– Хитро, – сказала Клавдия Федоровна. – Что же дальше?
– Весь город оцеплен… Но вот что меня тревожит: Мейер послал три машины с солдатами в сторону Малиновки…
Клавдия Федоровна молча прошлась по комнате.
– Может быть, Власенко и Скурихин не выдержали допроса и в чем-нибудь признались?
– Нет, нет, – горячо возразил Борзов, – я был там почти все время. Они не сказали ни слова.
– Что же делать? – спросила Клавдия Федоровна.
– Вы знаете Колю Охотникова в лицо? – спросил Никита Кузьмич.
– Знаю. В день казни я хотела увести его с собой, но мне помешал фотограф с базарной площади. Он тоже хотел забрать мальчика. Пока мы с ним спорили, Коля исчез…
– Фотограф все-таки зацапал его. Ему, видите ли, нужны здоровые руки. Хотел, чтобы мальчик был у него вместо домработницы.
– Ну, это вы зря, Никита Кузьмич, – возразила Клавдия Федоровна. – Старик Якушкин неплохой человек.
– Ладно, – проговорил Борзов. – Сейчас важно разыскать детей, а то они начнут пробираться к Малиновке и наткнутся на засаду.
– Почему вы думаете, что они пойдут туда?
– Из случайного слова, сказанного Блиновым, я понял, что Коля где-то кому-то говорил о Малиновке…
Вдруг Клавдия Федоровна испуганно схватила его за руку.
– Тихо! – прошептала она и даже при слабом, неверном свете угасающей коптилки было видно, как побледнело ее лицо. – Идут!
Никита Кузьмич быстрым движением вытащил пистолет и прижался к косяку двери.
– Если сюда войдут, я буду стрелять, – проговорил он.
Клавдия Федоровна кивнула в сторону спящего Вити:
– Вы погубите его! Нельзя!..
Лицо Никиты исказилось. Тускло блестел в его руке прижатый к груди револьвер.
Шаги за окном стихли. Потом опять заскрипел гравий. Странно, но собака перестала лаять…
Клавдия Федоровна прильнула к окну. Она долго вглядывалась в темноту и вдруг, тихо ахнув, быстро направилась к двери.
Борзов невольно отшатнулся, когда она проходила мимо. На мгновение ему показалось, что он попал в засаду…
Он еще плотнее прижался к стене, готовясь к самому худшему. Ведь он никогда бы не смог объяснить ни Курту Мейеру, ни Блинову, почему оказался здесь ночью.
– Никита Кузьмич, посмотрите, кто пришел! – голос Клавдии Федоровны звучал спокойно.
Борзов осторожно вышел из своего убежища. Перед ним стояли до предела измученные, но целые и невредимые Коля Охотников и Мая Шубина.

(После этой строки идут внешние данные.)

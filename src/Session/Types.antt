-- ===== src/Session/Types.antt =====
-- src/qwen_tts_bridge/session/worker_session.hpp and the first helpers of worker_session.cpp: the
-- session's types. `D` is the type `double`.
use qwen3_tts_bridge_cpp.Common.{
  ℕ, ◌+◌, String, len, Bool, true, false, List, [], if◌then◌else◌, length,
}
use qwen3_tts_bridge_cpp.Common.Int.{ℤ, pos}
use qwen3_tts_bridge_cpp.Framing.Parser.{FrameParser, new_parser}
use qwen3_tts_bridge_cpp.Control.Messages.{
  ControlMessage, ControlMessageType, hello_message, synthesize_message, shutdown_message,
  ready_message, started_message, SynthesizeMessage, ReadyMessage, ErrorMessage,
}

pub record WorkerSessionOptions : Type 0 where
  pub client_name : String
  pub client_version : String
  pub max_event_queue_events : ℕ
  pub max_event_queue_bytes : ℕ

pub data WorkerSessionEventType : Type 0 where
  control audio worker_error transport_error protocol_error session_error exited :
      WorkerSessionEventType

pub data WorkerSessionState : Type 0 where
  stopped starting ready stopping failed exited : WorkerSessionState

pub data SendResult : Type 0 where
  accepted would_block closed failed : SendResult

abbrev pub empty_error : ErrorMessage
empty_error = record { category = ""; code = ""; message = "" }

-- `ControlMessage()` holds an empty `HelloMessage`.
abbrev pub empty_control : {D : Type 0} → ControlMessage D
empty_control = hello_message (record { client_name = ""; client_version = "" })

unfoldable pub is_client_to_worker_control : ControlMessageType → Bool
is_client_to_worker_control ControlMessageType.hello = true
is_client_to_worker_control ControlMessageType.synthesize = true
is_client_to_worker_control ControlMessageType.cancel = true
is_client_to_worker_control ControlMessageType.ping = true
is_client_to_worker_control ControlMessageType.shutdown = true
is_client_to_worker_control _ = false

unfoldable pub is_session_level_worker_control : ControlMessageType → Bool
is_session_level_worker_control ControlMessageType.ready = true
is_session_level_worker_control ControlMessageType.pong = true
is_session_level_worker_control ControlMessageType.shutdown_ack = true
is_session_level_worker_control _ = false

unfoldable pub is_request_level_worker_control : ControlMessageType → Bool
is_request_level_worker_control ControlMessageType.queued = true
is_request_level_worker_control ControlMessageType.started = true
is_request_level_worker_control ControlMessageType.completed = true
is_request_level_worker_control ControlMessageType.cancelled = true
is_request_level_worker_control _ = false

unfoldable pub send_result_message : SendResult → String
send_result_message SendResult.would_block = "transport would block while sending control frame"
send_result_message SendResult.closed = "transport is closed while sending control frame"
send_result_message SendResult.failed = "transport failed to send control frame"
send_result_message SendResult.accepted = "transport rejected outbound control frame"

pub record WorkerSessionEvent (D : Type 0) : Type 0 where
  pub kind : WorkerSessionEventType
  pub request_id : ℕ
  pub control : ControlMessage D
  pub error : ErrorMessage
  pub audio : List ℕ
  pub exit_status : ℤ
  pub message : String

-- The member initializers of `WorkerSessionEvent`.
abbrev pub empty_event : {D : Type 0} → WorkerSessionEvent D
empty_event = record {
  kind = WorkerSessionEventType.session_error;
  request_id = 0;
  control = empty_control;
  error = empty_error;
  audio = [];
  exit_status = pos 0;
  message = "";
}

abbrev pub make_session_error : {D : Type 0} → String → WorkerSessionEvent D
make_session_error message = record empty_event {
  kind = WorkerSessionEventType.session_error;
  message = message;
}

abbrev pub make_protocol_error : {D : Type 0} → String → WorkerSessionEvent D
make_protocol_error message = record empty_event {
  kind = WorkerSessionEventType.protocol_error;
  message = message;
}

abbrev pub make_transport_error : {D : Type 0} → String → WorkerSessionEvent D
make_transport_error message = record empty_event {
  kind = WorkerSessionEventType.transport_error;
  message = message;
}

unfoldable pub synthesize_payload_size : {D : Type 0} → SynthesizeMessage D → ℕ
synthesize_payload_size m =
    len m.text
    + len m.language
    + len m.speaker
    + len m.instruction
    + len m.voice_id
    + len m.reference_audio_path
    + len m.reference_text
    + len m.output.sample_format
    + (if m.has_seed then 32 else 0)

unfoldable pub control_payload_size : {D : Type 0} → ControlMessage D → ℕ
control_payload_size (hello_message m) = len m.client_name + len m.client_version
control_payload_size (synthesize_message m) = synthesize_payload_size m
control_payload_size (shutdown_message m) = len m.mode
control_payload_size (ready_message m) = len m.worker_version + len m.session_id
control_payload_size (started_message m) = len m.audio_format.sample_format
control_payload_size _ = 0

unfoldable pub event_payload_size : {D : Type 0} → WorkerSessionEvent D → ℕ
event_payload_size e =
    length e.audio
    + control_payload_size e.control
    + len e.message
    + len e.error.category
    + len e.error.code
    + len e.error.message

-- `ReadyMessage()`.
abbrev pub empty_ready : ReadyMessage
empty_ready = record {
  worker_version = "";
  session_id = "";
  has_warmed_up = false;
  warmed_up = false;
  capabilities = record {
    streaming = false;
    cancellation = false;
    instructions = false;
    voice_clone = false;
    sampling_overrides = false;
    deterministic_seed = false;
    voice_clone_streaming = false;
    voice_profiles = false;
  };
  voice_ids = [];
}

-- The class. `has_transport` is `transport_ != nullptr`.
pub record WorkerSession (D : Type 0) : Type 0 where
  pub has_transport : Bool
  pub options : WorkerSessionOptions
  pub parser : FrameParser
  pub events : List (WorkerSessionEvent D)
  pub queued_event_bytes : ℕ
  pub state : WorkerSessionState
  pub event_queue_overflowed : Bool
  pub start_attempted : Bool
  pub shutdown_requested : Bool
  pub ready_message : ReadyMessage

-- The constructor.
unfoldable pub make_session : {D : Type 0} → Bool → WorkerSessionOptions → WorkerSession D
make_session has_transport options = record {
  has_transport = has_transport;
  options = options;
  parser = new_parser;
  events = [];
  queued_event_bytes = 0;
  state = WorkerSessionState.stopped;
  event_queue_overflowed = false;
  start_attempted = false;
  shutdown_requested = false;
  ready_message = empty_ready;
}

-- The two states in which a failure moves the session to `failed`.
unfoldable pub is_live : WorkerSessionState → Bool
is_live WorkerSessionState.starting = true
is_live WorkerSessionState.ready = true
is_live _ = false

unfoldable pub is_starting : WorkerSessionState → Bool
is_starting WorkerSessionState.starting = true
is_starting _ = false

unfoldable pub is_ready_state : WorkerSessionState → Bool
is_ready_state WorkerSessionState.ready = true
is_ready_state _ = false

unfoldable pub is_ready_type : ControlMessageType → Bool
is_ready_type ControlMessageType.ready = true
is_ready_type _ = false

unfoldable pub is_shutdown_type : ControlMessageType → Bool
is_shutdown_type ControlMessageType.shutdown = true
is_shutdown_type _ = false

unfoldable pub is_shutdown_ack_type : ControlMessageType → Bool
is_shutdown_ack_type ControlMessageType.shutdown_ack = true
is_shutdown_ack_type _ = false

Глава одиннадцатая. Еще одно испытание
Если бы не война, Геннадий Андреевич Стремянной так бы и продолжал учительствовать в школе, где преподавал историю.
Немного сутулый, в черном пиджаке и залоснившихся брюках, он входил в класс и неизменно начинал урок одной и той же фразой: «И так, дети, на чем мы остановились в прошлый раз?» При этом он делал долгую паузу и ждал, что ему ответят. Конечно, он не был педантом, но ему хотелось удостовериться, что его ученики помнят, чему он их учил…
После смерти жены Геннадий Андреевич жил с двумя сыновьями. Жизнь его шла размеренно и спокойно. Но, несмотря на то что годы брали свое, он и сейчас еще мечтал о какой-то другой жизни, пусть тяжелой и сложной, полной опасностей, однако такой, в которой воплотятся самые затаенные устремления его молодости.
Когда гитлеровцы стали подступать к городу, коммуниста Стремянного вызвали в райком партии. Он думал, что ему поручат какую-нибудь работу по эвакуации… Но секретарь райкома посадил его в машину и повез в горком. Здесь с Геннадием Андреевичем говорили секретарь горкома и представитель фронтовой разведки. Ему предложили остаться в городе и уйти в подполье. Никто не скрывал от него связанного с этим риска. Даже маленькая ошибка могла стоить жизни. Право отказаться осталось за ним. На следующее утро уходил эшелон, и он мог уехать на восток.